### What is expected
If a line in the listing below contains "Type", return that line.

### Input data
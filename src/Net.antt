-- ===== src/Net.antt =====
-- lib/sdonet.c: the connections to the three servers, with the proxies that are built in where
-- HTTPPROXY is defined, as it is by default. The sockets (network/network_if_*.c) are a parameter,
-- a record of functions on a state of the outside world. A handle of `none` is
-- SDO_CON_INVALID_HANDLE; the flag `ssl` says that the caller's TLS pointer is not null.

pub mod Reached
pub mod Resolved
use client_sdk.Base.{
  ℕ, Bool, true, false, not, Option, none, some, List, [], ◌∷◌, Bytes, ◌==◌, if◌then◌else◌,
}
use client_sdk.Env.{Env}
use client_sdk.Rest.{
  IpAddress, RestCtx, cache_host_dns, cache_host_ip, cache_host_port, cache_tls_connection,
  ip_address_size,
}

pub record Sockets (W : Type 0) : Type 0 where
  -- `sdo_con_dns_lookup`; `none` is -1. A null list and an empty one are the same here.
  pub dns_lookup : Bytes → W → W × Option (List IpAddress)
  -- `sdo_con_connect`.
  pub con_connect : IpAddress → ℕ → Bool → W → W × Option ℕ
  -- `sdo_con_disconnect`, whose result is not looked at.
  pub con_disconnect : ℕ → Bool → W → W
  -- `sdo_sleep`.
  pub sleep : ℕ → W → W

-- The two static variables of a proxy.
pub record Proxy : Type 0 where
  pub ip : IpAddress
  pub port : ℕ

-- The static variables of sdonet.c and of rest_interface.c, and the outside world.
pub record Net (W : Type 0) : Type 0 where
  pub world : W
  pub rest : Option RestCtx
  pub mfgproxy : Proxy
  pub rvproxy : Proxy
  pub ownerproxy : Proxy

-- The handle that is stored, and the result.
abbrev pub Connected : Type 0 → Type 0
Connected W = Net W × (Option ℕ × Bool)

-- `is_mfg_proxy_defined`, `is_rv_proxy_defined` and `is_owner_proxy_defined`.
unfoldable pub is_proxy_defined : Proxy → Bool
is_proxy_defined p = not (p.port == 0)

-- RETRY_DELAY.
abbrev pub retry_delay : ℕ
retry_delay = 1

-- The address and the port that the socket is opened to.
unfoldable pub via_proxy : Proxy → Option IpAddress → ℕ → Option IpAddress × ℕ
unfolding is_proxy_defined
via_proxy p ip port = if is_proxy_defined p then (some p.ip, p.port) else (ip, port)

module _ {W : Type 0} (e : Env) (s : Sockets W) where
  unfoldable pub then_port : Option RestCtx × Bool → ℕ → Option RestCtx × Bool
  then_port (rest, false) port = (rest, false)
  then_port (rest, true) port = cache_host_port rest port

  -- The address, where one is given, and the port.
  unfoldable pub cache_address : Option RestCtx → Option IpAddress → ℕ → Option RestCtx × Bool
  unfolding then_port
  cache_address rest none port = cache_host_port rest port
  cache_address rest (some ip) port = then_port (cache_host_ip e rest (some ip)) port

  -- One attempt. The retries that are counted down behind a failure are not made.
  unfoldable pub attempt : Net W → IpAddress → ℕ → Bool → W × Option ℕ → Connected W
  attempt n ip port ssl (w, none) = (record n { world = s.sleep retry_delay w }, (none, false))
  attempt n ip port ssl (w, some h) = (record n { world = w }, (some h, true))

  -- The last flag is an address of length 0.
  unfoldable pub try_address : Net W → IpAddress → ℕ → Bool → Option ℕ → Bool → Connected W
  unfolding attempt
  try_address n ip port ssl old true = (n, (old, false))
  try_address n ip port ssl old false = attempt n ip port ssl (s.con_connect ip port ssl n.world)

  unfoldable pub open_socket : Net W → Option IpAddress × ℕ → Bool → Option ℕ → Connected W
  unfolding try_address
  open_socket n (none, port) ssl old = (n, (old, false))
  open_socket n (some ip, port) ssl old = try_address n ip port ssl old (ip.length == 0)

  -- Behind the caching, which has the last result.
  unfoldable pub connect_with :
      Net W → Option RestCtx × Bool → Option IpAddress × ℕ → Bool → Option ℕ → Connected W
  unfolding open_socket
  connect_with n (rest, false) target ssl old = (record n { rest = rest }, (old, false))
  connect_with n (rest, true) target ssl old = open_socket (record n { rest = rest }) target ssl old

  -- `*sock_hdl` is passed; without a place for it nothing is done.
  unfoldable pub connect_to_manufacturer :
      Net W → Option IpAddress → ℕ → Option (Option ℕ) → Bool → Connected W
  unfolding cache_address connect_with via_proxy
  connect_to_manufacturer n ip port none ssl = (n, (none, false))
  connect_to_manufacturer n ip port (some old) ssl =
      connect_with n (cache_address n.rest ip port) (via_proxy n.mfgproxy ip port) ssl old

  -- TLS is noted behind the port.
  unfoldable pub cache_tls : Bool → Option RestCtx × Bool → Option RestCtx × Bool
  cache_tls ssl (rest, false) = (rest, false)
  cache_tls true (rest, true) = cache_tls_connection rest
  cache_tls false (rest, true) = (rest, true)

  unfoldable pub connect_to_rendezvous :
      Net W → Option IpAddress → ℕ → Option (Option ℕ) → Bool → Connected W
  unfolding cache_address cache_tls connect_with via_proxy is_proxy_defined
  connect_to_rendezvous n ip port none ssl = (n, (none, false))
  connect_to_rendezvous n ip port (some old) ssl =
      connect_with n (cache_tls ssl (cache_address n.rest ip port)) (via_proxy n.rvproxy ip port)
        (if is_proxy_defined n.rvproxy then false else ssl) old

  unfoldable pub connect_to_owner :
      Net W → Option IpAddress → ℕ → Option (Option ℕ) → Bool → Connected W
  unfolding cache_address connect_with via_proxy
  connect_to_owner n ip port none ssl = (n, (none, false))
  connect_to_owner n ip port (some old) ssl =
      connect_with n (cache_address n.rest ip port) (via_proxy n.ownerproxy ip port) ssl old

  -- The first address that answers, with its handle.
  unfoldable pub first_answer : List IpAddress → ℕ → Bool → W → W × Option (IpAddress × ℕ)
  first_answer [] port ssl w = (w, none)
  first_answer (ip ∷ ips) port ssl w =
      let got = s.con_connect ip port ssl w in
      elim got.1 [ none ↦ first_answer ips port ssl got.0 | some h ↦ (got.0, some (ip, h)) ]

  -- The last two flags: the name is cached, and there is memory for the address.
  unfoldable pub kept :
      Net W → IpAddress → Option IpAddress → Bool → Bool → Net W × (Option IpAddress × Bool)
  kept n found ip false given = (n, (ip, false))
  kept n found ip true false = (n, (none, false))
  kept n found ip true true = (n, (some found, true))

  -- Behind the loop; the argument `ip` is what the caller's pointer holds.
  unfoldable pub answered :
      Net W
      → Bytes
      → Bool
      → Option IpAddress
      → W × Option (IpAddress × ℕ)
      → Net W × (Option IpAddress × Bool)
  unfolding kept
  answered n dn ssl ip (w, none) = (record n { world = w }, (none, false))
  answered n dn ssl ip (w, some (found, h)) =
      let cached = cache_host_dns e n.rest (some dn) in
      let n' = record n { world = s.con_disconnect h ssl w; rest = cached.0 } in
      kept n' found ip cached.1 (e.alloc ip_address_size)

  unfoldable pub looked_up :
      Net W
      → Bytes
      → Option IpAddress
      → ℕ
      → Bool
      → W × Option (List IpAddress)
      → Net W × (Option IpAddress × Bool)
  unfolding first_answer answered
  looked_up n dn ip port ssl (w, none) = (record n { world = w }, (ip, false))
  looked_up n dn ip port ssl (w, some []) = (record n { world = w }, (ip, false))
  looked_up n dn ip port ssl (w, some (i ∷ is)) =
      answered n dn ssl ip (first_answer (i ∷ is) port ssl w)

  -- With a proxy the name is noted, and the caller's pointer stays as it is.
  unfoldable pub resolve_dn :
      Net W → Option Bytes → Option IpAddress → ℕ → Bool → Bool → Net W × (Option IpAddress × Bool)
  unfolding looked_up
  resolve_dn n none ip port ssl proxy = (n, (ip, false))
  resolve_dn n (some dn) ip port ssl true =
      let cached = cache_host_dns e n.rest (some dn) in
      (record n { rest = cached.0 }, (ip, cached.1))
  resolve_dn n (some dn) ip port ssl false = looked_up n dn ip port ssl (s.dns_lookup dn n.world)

### Solution to the problem
pub record Sockets (W : Type 0) : Type 0 where
pub record Proxy : Type 0 where
pub record Net (W : Type 0) : Type 0 where
abbrev pub Connected : Type 0 → Type 0
module _ {W : Type 0} (e : Env) (s : Sockets W) where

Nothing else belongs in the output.